On Peanuts and Sudoku Puzzles

snoopy-sudokuI like Sudoku puzzles. I love Charles Schulz’s Peanuts.

And, curiously, there is a book that combines them both — the Peanuts Sudoku Comic Digest.

I say “curiously,” because there’s nothing intrinsic in Peanuts that lends itself to Sudoku. Schulz had passed away before the Sudoku craze became a craze, and there are no Peanuts strips of Charlie Brown puzzling out the numbers to impress the Little Red-Haired Girl.

Still! I managed to pick up the book inexpensively, on the theory that it would make a good challenge on the train during my daily commute, and the book arrived today.
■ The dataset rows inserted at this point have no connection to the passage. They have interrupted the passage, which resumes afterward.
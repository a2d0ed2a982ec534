-- ===== src/Memory/Fill.antt =====
-- `memset` and `memcpy` of common.c as functions of the address.
use heaven_os.Prelude.{ℕ, zero, suc, ◌+◌, ◌≡◌, arith, ltb, if◌then◌else◌, update}
use heaven_os.Memory.{Bytes, u8, memset}

-- `memset` stores the byte in `[p, p + sz)` and changes nothing else.
pub memset-at :
    (p ch sz : ℕ) (m : Bytes) (a : ℕ)
    → memset p ch sz m a ≡ (if ltb a p then m a else if ltb a (p + sz) then u8 ch else m a)
unfolding memset
memset-at p ch zero m a = ground arith
memset-at p ch (suc sz) m a = ground (arith, memset-at (p + 1) ch sz (update m p (u8 ch)) a)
For the Peanuts fan, the book has fifty Peanuts comic strips published between 1993 and 1997. It’s a random smattering of comic strips; none of them have anything to do with Sudoku, none would even inspire someone with a possible Sudoku solving technique. Still, they’re amusing, if you like mid-90s Peanuts as I do.

Digression On
Yes, there are people who don’t like mid-90s Peanuts, who think the comic strip had grown tired and stale, with Schulz recycling his jokes. I disagree. Mid-90s Peanuts brought Rerun to the fore, which altered the role of most of the characters, especially with Charlie Brown becoming a role model to Rerun. Yes, the book prints several strips with Rerun, and he gets great lines like this one: “I love the rules. Once you know the rules, you can cheat. What I always say is you can’t really cheat unless you know the rules.” Or when Rerun wants to hear about Anna Karenina throwing herself beneath the train, rather than going crazy if his teacher “reads to us again about Dick and Jane.” That Rerun, he’s so completely mental. 🙂 No, mid-90s Peanuts isn’t the classic period (for that, look for BOOM! Studios’ Happiness is a Warm Beagle, Charlie Brown!, which really does look like something out of the early 1960s), but it was an enjoyable period.
Digression Off.

And, of course, the book has 200 Sudoku puzzles, rated on a scale of Linus to Charlie Brown. (Linus is the easiest, then Marcie, Snoopy is medium, then Lucy, and finally Charlie Brown is the hardest.)

I haven’t tried any of them yet. That can wait for Monday morning.

My hunch is that the Peanuts Sudoku Comic Digest is a book for completists. I wouldn’t run out and buy it if you need a Sudoku book; there are lots out there that are cheaper. I wouldn’t run out and buy it if you need a Peanuts book; there are other and better collections of Charles Schulz’s masterwork. But if you can find it for under five dollars, as I did, and you like Sudoku and Peanuts, it’s probably not a bad investment.

Published by Allyn

A writer, editor, journalist, sometimes coder, occasional historian, and all-around scholar, Allyn Gibson is the writer for Diamond Comic Distributors' monthly PREVIEWS catalog, used by comic book shops and throughout the comics industry, and the editor for its monthly order forms. In his over ten years in the industry, Allyn has interviewed comics creators and pop culture celebrities, covered conventions, analyzed industry revenue trends, and written copy for comics, toys, and other pop culture merchandise. Allyn is also known for his short fiction (including the Star Trek story "Make-Believe,"the Doctor Who short story "The Spindle of Necessity," and the ReDeus story "The Ginger Kid"). Allyn has been blogging regularly with WordPress since 2004.

3 thoughts on “On Peanuts and Sudoku Puzzles

  1. I was one of those who thought late-era Peanuts was inferior while it was running. But after Schulz’ death I was gifted with a collection of the last year of the run, and I thought those were fine, so I recant my earlier opinion when the question comes up.

  2. I don’t know if I could reread the final year of Peanuts today. Yes, it’s been a decade since Schulz’s death, but I remember how I felt the day of the last Sunday strip, with the poetry of Schulz dying only a few hours earlier, as if the universe itself had declared that Peanuts would end with him. I remember how I felt about the last six months or so of strips, with the one with Rerun, Charlie Brown, and the football remains a personal — and bittersweet — favorite. As weird as it sounds, I’m not sure the grief has entirely passed yet, the pain is still too near.

  3. I sure grok that, but Schulz is too much a part (and an active part, not passive) of my daily life for me not to have processed the grief by now.